EXERCISE GOAL:
Your answer must consist of exactly the lines below, starting with the line with "(i : Instruction) × (load_account" and going on through the line with "amount ≡ ok fee)", and nothing else.

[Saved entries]
-*-
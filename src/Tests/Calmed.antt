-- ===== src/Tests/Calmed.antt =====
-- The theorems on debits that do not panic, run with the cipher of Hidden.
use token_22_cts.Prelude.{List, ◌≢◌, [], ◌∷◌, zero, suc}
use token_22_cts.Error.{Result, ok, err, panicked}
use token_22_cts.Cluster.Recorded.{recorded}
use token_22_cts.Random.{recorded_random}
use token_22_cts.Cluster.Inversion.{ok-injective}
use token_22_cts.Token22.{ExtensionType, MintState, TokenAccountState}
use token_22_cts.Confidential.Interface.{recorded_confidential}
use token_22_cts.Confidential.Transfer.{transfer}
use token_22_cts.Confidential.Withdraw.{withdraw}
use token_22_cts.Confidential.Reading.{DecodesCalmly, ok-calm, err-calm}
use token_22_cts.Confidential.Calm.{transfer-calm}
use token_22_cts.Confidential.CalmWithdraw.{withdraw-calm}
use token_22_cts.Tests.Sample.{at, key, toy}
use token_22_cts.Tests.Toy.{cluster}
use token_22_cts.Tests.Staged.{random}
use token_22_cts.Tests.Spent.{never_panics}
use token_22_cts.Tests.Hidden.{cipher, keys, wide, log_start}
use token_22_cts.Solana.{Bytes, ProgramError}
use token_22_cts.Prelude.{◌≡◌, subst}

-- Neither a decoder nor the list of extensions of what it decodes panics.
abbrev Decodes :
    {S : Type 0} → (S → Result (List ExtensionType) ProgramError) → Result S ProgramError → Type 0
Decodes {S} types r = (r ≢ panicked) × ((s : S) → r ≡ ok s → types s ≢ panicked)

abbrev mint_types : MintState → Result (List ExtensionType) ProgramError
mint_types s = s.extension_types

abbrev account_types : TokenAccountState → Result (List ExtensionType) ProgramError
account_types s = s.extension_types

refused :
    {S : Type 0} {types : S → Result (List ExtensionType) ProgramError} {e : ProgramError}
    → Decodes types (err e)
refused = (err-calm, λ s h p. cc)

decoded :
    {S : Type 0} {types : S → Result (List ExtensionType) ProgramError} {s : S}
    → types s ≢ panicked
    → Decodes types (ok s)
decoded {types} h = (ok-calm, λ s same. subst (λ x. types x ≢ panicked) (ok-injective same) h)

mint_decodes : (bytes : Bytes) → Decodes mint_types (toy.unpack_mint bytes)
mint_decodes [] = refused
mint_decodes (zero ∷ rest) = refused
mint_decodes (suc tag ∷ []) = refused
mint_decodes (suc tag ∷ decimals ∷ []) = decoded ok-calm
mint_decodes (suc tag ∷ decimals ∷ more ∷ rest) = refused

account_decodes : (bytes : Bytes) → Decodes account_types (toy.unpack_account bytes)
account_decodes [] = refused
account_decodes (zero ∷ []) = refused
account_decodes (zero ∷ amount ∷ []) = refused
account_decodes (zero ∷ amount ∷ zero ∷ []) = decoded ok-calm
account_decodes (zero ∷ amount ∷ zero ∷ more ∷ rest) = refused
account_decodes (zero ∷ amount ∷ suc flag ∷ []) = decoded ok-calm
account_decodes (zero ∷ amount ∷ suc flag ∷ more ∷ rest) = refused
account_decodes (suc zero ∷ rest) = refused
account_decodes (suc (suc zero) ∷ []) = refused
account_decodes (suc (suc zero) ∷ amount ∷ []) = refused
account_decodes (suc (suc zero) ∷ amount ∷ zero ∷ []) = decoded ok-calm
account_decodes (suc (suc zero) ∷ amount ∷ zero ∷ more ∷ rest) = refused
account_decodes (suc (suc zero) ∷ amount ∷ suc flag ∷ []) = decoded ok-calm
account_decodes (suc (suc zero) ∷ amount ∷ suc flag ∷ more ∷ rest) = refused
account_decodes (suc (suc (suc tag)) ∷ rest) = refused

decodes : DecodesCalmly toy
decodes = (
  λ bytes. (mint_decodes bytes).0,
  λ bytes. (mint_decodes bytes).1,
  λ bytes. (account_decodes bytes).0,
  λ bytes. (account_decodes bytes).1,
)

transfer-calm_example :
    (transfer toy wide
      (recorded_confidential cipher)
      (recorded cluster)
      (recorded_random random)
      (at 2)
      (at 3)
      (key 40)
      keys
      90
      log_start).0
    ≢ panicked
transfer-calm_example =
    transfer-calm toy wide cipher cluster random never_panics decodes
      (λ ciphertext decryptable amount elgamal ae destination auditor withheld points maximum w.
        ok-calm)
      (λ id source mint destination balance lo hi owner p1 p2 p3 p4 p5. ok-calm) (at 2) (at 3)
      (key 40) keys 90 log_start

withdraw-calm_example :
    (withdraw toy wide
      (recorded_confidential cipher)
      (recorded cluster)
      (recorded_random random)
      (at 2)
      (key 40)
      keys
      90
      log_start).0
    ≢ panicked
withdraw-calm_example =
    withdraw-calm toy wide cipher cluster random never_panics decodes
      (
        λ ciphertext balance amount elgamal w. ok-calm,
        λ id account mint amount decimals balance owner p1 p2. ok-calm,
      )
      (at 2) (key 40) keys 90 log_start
-*-
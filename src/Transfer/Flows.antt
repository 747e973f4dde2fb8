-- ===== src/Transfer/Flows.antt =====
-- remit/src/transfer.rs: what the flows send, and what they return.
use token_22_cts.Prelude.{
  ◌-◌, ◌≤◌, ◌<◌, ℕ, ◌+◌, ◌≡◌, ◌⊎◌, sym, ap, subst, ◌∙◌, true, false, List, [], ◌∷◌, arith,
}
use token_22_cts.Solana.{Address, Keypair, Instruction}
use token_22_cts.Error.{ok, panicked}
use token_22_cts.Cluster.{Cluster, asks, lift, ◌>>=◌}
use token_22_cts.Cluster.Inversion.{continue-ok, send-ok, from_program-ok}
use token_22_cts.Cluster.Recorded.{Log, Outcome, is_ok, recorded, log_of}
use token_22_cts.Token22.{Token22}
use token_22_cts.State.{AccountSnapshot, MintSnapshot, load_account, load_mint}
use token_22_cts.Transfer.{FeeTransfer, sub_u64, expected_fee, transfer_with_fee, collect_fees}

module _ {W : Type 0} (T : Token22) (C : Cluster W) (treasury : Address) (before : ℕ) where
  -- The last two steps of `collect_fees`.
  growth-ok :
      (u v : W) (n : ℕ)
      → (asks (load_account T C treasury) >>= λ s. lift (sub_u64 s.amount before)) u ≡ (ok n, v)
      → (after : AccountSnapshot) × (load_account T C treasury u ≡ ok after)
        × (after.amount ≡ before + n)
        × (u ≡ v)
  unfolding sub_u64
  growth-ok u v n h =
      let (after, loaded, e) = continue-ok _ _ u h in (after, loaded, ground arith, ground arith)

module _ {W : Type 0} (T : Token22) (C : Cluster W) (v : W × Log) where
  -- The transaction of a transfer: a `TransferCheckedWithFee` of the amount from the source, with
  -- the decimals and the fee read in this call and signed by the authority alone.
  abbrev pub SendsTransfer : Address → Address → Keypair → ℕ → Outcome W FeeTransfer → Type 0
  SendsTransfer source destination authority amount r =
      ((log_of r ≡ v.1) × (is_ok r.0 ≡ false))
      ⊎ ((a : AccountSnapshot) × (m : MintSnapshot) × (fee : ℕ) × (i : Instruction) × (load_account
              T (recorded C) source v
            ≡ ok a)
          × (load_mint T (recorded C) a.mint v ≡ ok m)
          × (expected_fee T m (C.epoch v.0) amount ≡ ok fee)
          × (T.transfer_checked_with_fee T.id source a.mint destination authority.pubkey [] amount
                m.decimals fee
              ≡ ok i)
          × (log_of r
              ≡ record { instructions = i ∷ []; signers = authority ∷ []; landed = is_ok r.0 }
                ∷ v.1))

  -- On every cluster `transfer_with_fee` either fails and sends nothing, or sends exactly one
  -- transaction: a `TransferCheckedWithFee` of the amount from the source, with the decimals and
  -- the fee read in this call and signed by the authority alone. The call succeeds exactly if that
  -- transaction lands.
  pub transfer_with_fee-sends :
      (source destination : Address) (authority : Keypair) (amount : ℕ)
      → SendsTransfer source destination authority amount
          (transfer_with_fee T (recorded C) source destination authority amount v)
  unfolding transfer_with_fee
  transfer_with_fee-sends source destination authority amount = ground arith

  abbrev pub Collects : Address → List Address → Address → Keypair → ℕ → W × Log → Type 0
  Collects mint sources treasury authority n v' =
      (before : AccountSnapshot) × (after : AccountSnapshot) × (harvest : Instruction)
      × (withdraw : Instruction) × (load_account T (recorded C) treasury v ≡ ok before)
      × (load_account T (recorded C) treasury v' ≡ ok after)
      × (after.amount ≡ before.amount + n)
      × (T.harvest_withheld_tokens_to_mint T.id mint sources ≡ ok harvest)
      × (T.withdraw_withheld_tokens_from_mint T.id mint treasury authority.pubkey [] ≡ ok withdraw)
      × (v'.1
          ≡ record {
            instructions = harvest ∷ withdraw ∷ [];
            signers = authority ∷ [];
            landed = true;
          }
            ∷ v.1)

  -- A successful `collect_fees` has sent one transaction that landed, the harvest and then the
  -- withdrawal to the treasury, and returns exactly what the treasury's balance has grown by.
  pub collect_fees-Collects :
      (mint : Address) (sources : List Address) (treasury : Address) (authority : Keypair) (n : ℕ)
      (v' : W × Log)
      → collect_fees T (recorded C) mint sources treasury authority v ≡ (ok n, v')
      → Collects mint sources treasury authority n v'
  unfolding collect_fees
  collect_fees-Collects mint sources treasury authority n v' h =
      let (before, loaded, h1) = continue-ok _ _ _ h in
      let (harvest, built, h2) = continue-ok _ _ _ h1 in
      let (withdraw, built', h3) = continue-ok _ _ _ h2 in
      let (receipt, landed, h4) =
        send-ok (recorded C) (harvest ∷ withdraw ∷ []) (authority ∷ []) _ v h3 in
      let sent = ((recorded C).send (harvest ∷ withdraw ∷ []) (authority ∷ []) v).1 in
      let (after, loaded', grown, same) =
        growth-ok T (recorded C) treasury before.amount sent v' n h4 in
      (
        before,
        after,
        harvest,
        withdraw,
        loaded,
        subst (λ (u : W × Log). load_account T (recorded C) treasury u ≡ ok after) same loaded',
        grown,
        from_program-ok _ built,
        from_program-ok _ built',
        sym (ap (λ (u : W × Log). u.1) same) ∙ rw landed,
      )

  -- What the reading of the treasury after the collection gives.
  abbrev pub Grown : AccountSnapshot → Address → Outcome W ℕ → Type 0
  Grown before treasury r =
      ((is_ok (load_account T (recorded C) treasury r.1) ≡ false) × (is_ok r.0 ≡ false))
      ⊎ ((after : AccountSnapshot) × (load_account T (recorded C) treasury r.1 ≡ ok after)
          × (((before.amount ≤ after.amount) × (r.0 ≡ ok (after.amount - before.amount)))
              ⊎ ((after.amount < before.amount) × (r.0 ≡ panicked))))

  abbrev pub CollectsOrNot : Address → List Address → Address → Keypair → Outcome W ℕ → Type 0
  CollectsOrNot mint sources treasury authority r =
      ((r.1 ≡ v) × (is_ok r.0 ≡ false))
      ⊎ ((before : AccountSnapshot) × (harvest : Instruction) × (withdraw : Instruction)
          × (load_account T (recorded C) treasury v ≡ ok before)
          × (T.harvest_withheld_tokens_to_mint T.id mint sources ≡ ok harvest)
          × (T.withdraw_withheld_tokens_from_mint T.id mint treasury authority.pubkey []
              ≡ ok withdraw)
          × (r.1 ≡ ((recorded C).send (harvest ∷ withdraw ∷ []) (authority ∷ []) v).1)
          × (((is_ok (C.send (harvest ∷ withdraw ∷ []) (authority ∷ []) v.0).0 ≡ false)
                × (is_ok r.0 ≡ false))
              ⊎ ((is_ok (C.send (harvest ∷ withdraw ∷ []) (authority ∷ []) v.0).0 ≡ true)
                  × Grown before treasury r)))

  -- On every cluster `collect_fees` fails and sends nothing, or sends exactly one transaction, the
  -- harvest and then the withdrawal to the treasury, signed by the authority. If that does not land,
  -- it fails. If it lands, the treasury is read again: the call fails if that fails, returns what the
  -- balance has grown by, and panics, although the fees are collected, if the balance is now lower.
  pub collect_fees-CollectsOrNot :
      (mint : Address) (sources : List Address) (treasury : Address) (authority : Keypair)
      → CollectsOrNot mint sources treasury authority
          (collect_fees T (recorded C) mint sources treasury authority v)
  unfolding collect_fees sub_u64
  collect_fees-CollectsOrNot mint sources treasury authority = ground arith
-*-
RESPONSE FOR THIS EXERCISE:
      ⊎ ((a : AccountSnapshot) × (m : MintSnapshot) × (fee : ℕ) × (i : Instruction) × (load_account
              T (recorded C) source v
            ≡ ok a)
          × (load_mint T (recorded C) a.mint v ≡ ok m)
          × (expected_fee T m (C.epoch v.0) amount ≡ ok fee)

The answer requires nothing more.